RECORD EXCERPTS below:
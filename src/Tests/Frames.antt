-- ===== src/Tests/Frames.antt =====
-- The frames of duckfs and of the genesis config on concrete values.
use ducktape_sdk.Prelude.{◌≡◌, refl, none, some, [], ◌∷◌, true, false, arith, length}
use ducktape_sdk.Bytes.{ascii, to_le_bytes}
use ducktape_sdk.Bytes.Utf8.{is_utf8}
use ducktape_sdk.Bytes.Order.{bytes_order, bytes_lt}
use ducktape_sdk.Parser.{ok}
use ducktape_sdk.Duckfs.Codec.{push_string, push_u32}
use ducktape_sdk.Duckfs.Actor
use ducktape_sdk.Duckfs.Actor.{Actor, account, key, mod_id, system}
use ducktape_sdk.Duckfs.Kind
use ducktape_sdk.Duckfs.EntryKind
use ducktape_sdk.Duckfs.Objects.{
  FileObj, Entries, SnapshotObj, encode_entry, encode_file, decode_file, encode_tree, decode_tree,
  encode_opt_id, encode_snapshot, decode_snapshot,
}
use ducktape_sdk.Duckfs.Objects.Canonical.{decode_file_iff, decode_tree_iff, decode_snapshot_iff}
use ducktape_sdk.Duckfs.Refs.{Refs, encode_refs, decode_refs, encoded_refs_len}
use ducktape_sdk.Duckfs.Refs.Canonical.{decode_refs_iff}
use ducktape_sdk.Duckfs.Refs.ImageLen.{encoded_refs_len-eq-length}
use ducktape_sdk.Duckfs.BlockObjects.{
  Index, encode_object, encode_block_objects, decode_block_objects,
}
use ducktape_sdk.Duckfs.BlockObjects.RoundTrip.{decode_block_objects-encode}
use ducktape_sdk.Tests.{some_id, all_bytes→IsBytes}

abbrev refs_value : Refs
refs_value = record {
  source_revision = 7;
  head = some some_id;
  window = some_id ∷ [];
  pins = (ascii "v1", record { snapshot = some_id; owner = account 3 }) ∷ [];
  staging = (some_id, record { owner = system; len = 9; expires_at = 4096 }) ∷ [];
  watches = ((ascii "/shared", ascii "pages"), tt) ∷ [];
  retention_root = none;
}

decode_refs_iff_example : decode_refs (encode_refs refs_value) ≡ ok refs_value
unfolding encode_refs push_string push_u32 to_le_bytes Actor.encode encode_opt_id is_utf8
decode_refs_iff_example =
    (decode_refs_iff (encode_refs refs_value) refs_value
        (omega arith, all_bytes→IsBytes (encode_refs refs_value) refl)).1
      (
        omega arith,
        record {
          revision_fits = omega arith;
          head_id = (refl, all_bytes→IsBytes some_id refl);
          window_ids = ((refl, all_bytes→IsBytes some_id refl), tt);
          window_cap = omega arith;
          pins_ascend = (tt, tt);
          pins_valid = (
            (
              ((omega arith, all_bytes→IsBytes (ascii "v1") refl), refl),
              (refl, all_bytes→IsBytes some_id refl),
              (omega arith, omega arith),
            ),
            tt,
          );
          pins_cap = omega arith;
          staging_ascends = (tt, tt);
          staging_valid =
              (((refl, all_bytes→IsBytes some_id refl), tt, omega arith, omega arith), tt);
          staging_cap = omega arith;
          watches_ascend = (tt, tt);
          watches_valid = (
            (
              ((omega arith, all_bytes→IsBytes (ascii "/shared") refl), refl),
              ((omega arith, all_bytes→IsBytes (ascii "pages") refl), refl),
            ),
            tt,
          );
          watches_cap = omega arith;
          retention_id = tt;
        },
        refl,
      )

encoded_refs_len-eq-length_example : encoded_refs_len refs_value ≡ length (encode_refs refs_value)
encoded_refs_len-eq-length_example = encoded_refs_len-eq-length refs_value (record {
  head_id = refl;
  window_ids = (refl, tt);
  pin_ids = (refl, tt);
  staging_ids = (refl, tt);
  retention_id = tt;
})

abbrev file_value : FileObj
file_value = record {
  size = 5;
  chunks = some_id ∷ [];
  meta = (ascii "a", ascii "x") ∷ (ascii "b", []) ∷ [];
}

decode_file_iff_example : decode_file (encode_file file_value) ≡ ok file_value
unfolding encode_file push_string push_u32 to_le_bytes is_utf8 bytes_lt
decode_file_iff_example =
    (decode_file_iff (encode_file file_value) file_value
        (omega arith, all_bytes→IsBytes (encode_file file_value) refl)).1
      (
        record {
          size_fits = omega arith;
          ids = ((refl, all_bytes→IsBytes some_id refl), tt);
          chunk_cap = omega arith;
          meta_ascends = ((refl, tt), (tt, tt));
          meta_valid = (
            (
              ((omega arith, all_bytes→IsBytes (ascii "a") refl), refl),
              ((omega arith, all_bytes→IsBytes (ascii "x") refl), refl),
              omega arith,
              omega arith,
            ),
            (
              (
                ((omega arith, all_bytes→IsBytes (ascii "b") refl), refl),
                ((omega arith, tt), refl),
                omega arith,
                omega arith,
              ),
              tt,
            ),
          );
          meta_cap = omega arith;
        },
        refl,
      )

abbrev tree_value : Entries
tree_value =
    (ascii "a", record { kind = EntryKind.file; id = some_id; exec = true; size = 5 })
    ∷ (ascii "b", record { kind = EntryKind.dir; id = some_id; exec = false; size = 0 })
    ∷ []

decode_tree_iff_example : decode_tree (encode_tree tree_value) ≡ ok tree_value
unfolding encode_tree encode_entry EntryKind.tag push_string push_u32 to_le_bytes is_utf8 bytes_lt
decode_tree_iff_example =
    (decode_tree_iff (encode_tree tree_value) tree_value
        (omega arith, all_bytes→IsBytes (encode_tree tree_value) refl)).1
      (
        record {
          ascends = ((refl, tt), (tt, tt));
          valid = (
            (
              ((omega arith, all_bytes→IsBytes (ascii "a") refl), refl),
              omega arith,
              (refl, all_bytes→IsBytes some_id refl),
              omega arith,
            ),
            (
              (
                ((omega arith, all_bytes→IsBytes (ascii "b") refl), refl),
                omega arith,
                (refl, all_bytes→IsBytes some_id refl),
                omega arith,
              ),
              tt,
            ),
          );
          cap = omega arith;
        },
        refl,
      )

abbrev snapshot_value : SnapshotObj
snapshot_value = record {
  root = some_id;
  parent = none;
  author = mod_id (ascii "forge");
  consensus_time = 12;
  height = 3;
  message = ascii "hello";
}

decode_snapshot_iff_example : decode_snapshot (encode_snapshot snapshot_value) ≡ ok snapshot_value
unfolding encode_snapshot encode_opt_id Actor.encode push_string to_le_bytes is_utf8
decode_snapshot_iff_example =
    (decode_snapshot_iff (encode_snapshot snapshot_value) snapshot_value
        (omega arith, all_bytes→IsBytes (encode_snapshot snapshot_value) refl)).1
      (
        record {
          root_id = (refl, all_bytes→IsBytes some_id refl);
          parent_id = tt;
          author_valid = (((omega arith, all_bytes→IsBytes (ascii "forge") refl), refl), λ e. cc);
          time_fits = omega arith;
          height_fits = omega arith;
          message_text = ((omega arith, all_bytes→IsBytes (ascii "hello") refl), refl);
          message_cap = omega arith;
        },
        refl,
      )

abbrev index_value : Index
index_value = (some_id, (Kind.tree, 40)) ∷ []

decode_block_objects-encode_example :
    decode_block_objects (encode_block_objects index_value) ≡ ok index_value
unfolding encode_block_objects encode_object Kind.tag push_u32 to_le_bytes
decode_block_objects-encode_example =
    decode_block_objects-encode index_value (tt, tt)
      (((refl, all_bytes→IsBytes some_id refl), omega arith), tt) (omega arith)
      (omega arith, all_bytes→IsBytes (encode_block_objects index_value) refl)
End of RECORD EXCERPTS.
◆ WHAT IS REQUIRED ◆
Each entry shown above must be retyped word for word.

◆ EXERCISE RESULT ◆
filename src/Tests/Frames.antt
-- ===== src/Tests/Frames.antt =====
-- The frames of duckfs and of the genesis config on concrete values.
use ducktape_sdk.Prelude.{◌≡◌, refl, none, some, [], ◌∷◌, true, false, arith, length}
use ducktape_sdk.Bytes.{ascii, to_le_bytes}
use ducktape_sdk.Bytes.Utf8.{is_utf8}
use ducktape_sdk.Bytes.Order.{bytes_order, bytes_lt}
use ducktape_sdk.Parser.{ok}
use ducktape_sdk.Duckfs.Codec.{push_string, push_u32}
use ducktape_sdk.Duckfs.Actor
use ducktape_sdk.Duckfs.Actor.{Actor, account, key, mod_id, system}
use ducktape_sdk.Duckfs.Kind
use ducktape_sdk.Duckfs.EntryKind
use ducktape_sdk.Duckfs.Objects.{
  FileObj, Entries, SnapshotObj, encode_entry, encode_file, decode_file, encode_tree, decode_tree,
  encode_opt_id, encode_snapshot, decode_snapshot,
}
use ducktape_sdk.Duckfs.Objects.Canonical.{decode_file_iff, decode_tree_iff, decode_snapshot_iff}
use ducktape_sdk.Duckfs.Refs.{Refs, encode_refs, decode_refs, encoded_refs_len}
use ducktape_sdk.Duckfs.Refs.Canonical.{decode_refs_iff}
use ducktape_sdk.Duckfs.Refs.ImageLen.{encoded_refs_len-eq-length}
use ducktape_sdk.Duckfs.BlockObjects.{
  Index, encode_object, encode_block_objects, decode_block_objects,
}
use ducktape_sdk.Duckfs.BlockObjects.RoundTrip.{decode_block_objects-encode}
use ducktape_sdk.Tests.{some_id, all_bytes→IsBytes}

abbrev refs_value : Refs
refs_value = record {
  source_revision = 7;
  head = some some_id;
  window = some_id ∷ [];
  pins = (ascii "v1", record { snapshot = some_id; owner = account 3 }) ∷ [];
  staging = (some_id, record { owner = system; len = 9; expires_at = 4096 }) ∷ [];
  watches = ((ascii "/shared", ascii "pages"), tt) ∷ [];
  retention_root = none;
}

decode_refs_iff_example : decode_refs (encode_refs refs_value) ≡ ok refs_value
unfolding encode_refs push_string push_u32 to_le_bytes Actor.encode encode_opt_id is_utf8
decode_refs_iff_example =
    (decode_refs_iff (encode_refs refs_value) refs_value
        (omega arith, all_bytes→IsBytes (encode_refs refs_value) refl)).1
      (
        omega arith,
        record {
          revision_fits = omega arith;
          head_id = (refl, all_bytes→IsBytes some_id refl);
          window_ids = ((refl, all_bytes→IsBytes some_id refl), tt);
          window_cap = omega arith;
          pins_ascend = (tt, tt);
          pins_valid = (
            (
              ((omega arith, all_bytes→IsBytes (ascii "v1") refl), refl),
              (refl, all_bytes→IsBytes some_id refl),
              (omega arith, omega arith),
            ),
            tt,
          );
          pins_cap = omega arith;
          staging_ascends = (tt, tt);
          staging_valid =
              (((refl, all_bytes→IsBytes some_id refl), tt, omega arith, omega arith), tt);
          staging_cap = omega arith;
          watches_ascend = (tt, tt);
          watches_valid = (
            (
              ((omega arith, all_bytes→IsBytes (ascii "/shared") refl), refl),
              ((omega arith, all_bytes→IsBytes (ascii "pages") refl), refl),
            ),
            tt,
          );
          watches_cap = omega arith;
          retention_id = tt;
        },
        refl,
      )

encoded_refs_len-eq-length_example : encoded_refs_len refs_value ≡ length (encode_refs refs_value)
encoded_refs_len-eq-length_example = encoded_refs_len-eq-length refs_value (record {
  head_id = refl;
  window_ids = (refl, tt);
  pin_ids = (refl, tt);
  staging_ids = (refl, tt);
  retention_id = tt;
})

abbrev file_value : FileObj
file_value = record {
  size = 5;
  chunks = some_id ∷ [];
  meta = (ascii "a", ascii "x") ∷ (ascii "b", []) ∷ [];
}

decode_file_iff_example : decode_file (encode_file file_value) ≡ ok file_value
unfolding encode_file push_string push_u32 to_le_bytes is_utf8 bytes_lt
decode_file_iff_example =
    (decode_file_iff (encode_file file_value) file_value
        (omega arith, all_bytes→IsBytes (encode_file file_value) refl)).1
      (
        record {
          size_fits = omega arith;
          ids = ((refl, all_bytes→IsBytes some_id refl), tt);
          chunk_cap = omega arith;
          meta_ascends = ((refl, tt), (tt, tt));
          meta_valid = (
            (
              ((omega arith, all_bytes→IsBytes (ascii "a") refl), refl),
              ((omega arith, all_bytes→IsBytes (ascii "x") refl), refl),
              omega arith,
              omega arith,
            ),
            (
              (
                ((omega arith, all_bytes→IsBytes (ascii "b") refl), refl),
                ((omega arith, tt), refl),
                omega arith,
                omega arith,
              ),
              tt,
            ),
          );
          meta_cap = omega arith;
        },
        refl,
      )

abbrev tree_value : Entries
tree_value =
    (ascii "a", record { kind = EntryKind.file; id = some_id; exec = true; size = 5 })
    ∷ (ascii "b", record { kind = EntryKind.dir; id = some_id; exec = false; size = 0 })
    ∷ []

decode_tree_iff_example : decode_tree (encode_tree tree_value) ≡ ok tree_value
unfolding encode_tree encode_entry EntryKind.tag push_string push_u32 to_le_bytes is_utf8 bytes_lt
decode_tree_iff_example =
    (decode_tree_iff (encode_tree tree_value) tree_value
        (omega arith, all_bytes→IsBytes (encode_tree tree_value) refl)).1
      (
        record {
          ascends = ((refl, tt), (tt, tt));
          valid = (
            (
              ((omega arith, all_bytes→IsBytes (ascii "a") refl), refl),
              omega arith,
              (refl, all_bytes→IsBytes some_id refl),
              omega arith,
            ),
            (
              (
                ((omega arith, all_bytes→IsBytes (ascii "b") refl), refl),
                omega arith,
                (refl, all_bytes→IsBytes some_id refl),
                omega arith,
              ),
              tt,
            ),
          );
          cap = omega arith;
        },
        refl,
      )

abbrev snapshot_value : SnapshotObj
snapshot_value = record {
  root = some_id;
  parent = none;
  author = mod_id (ascii "forge");
  consensus_time = 12;
  height = 3;
  message = ascii "hello";
}

decode_snapshot_iff_example : decode_snapshot (encode_snapshot snapshot_value) ≡ ok snapshot_value
unfolding encode_snapshot encode_opt_id Actor.encode push_string to_le_bytes is_utf8
decode_snapshot_iff_example =
    (decode_snapshot_iff (encode_snapshot snapshot_value) snapshot_value
        (omega arith, all_bytes→IsBytes (encode_snapshot snapshot_value) refl)).1
      (
        record {
          root_id = (refl, all_bytes→IsBytes some_id refl);
          parent_id = tt;
          author_valid = (((omega arith, all_bytes→IsBytes (ascii "forge") refl), refl), λ e. cc);
          time_fits = omega arith;
          height_fits = omega arith;
          message_text = ((omega arith, all_bytes→IsBytes (ascii "hello") refl), refl);
          message_cap = omega arith;
        },
        refl,
      )

abbrev index_value : Index
index_value = (some_id, (Kind.tree, 40)) ∷ []

decode_block_objects-encode_example :
    decode_block_objects (encode_block_objects index_value) ≡ ok index_value
unfolding encode_block_objects encode_object Kind.tag push_u32 to_le_bytes
decode_block_objects-encode_example =
    decode_block_objects-encode index_value (tt, tt)
      (((refl, all_bytes→IsBytes some_id refl), omega arith), tt) (omega arith)
      (omega arith, all_bytes→IsBytes (encode_block_objects index_value) refl)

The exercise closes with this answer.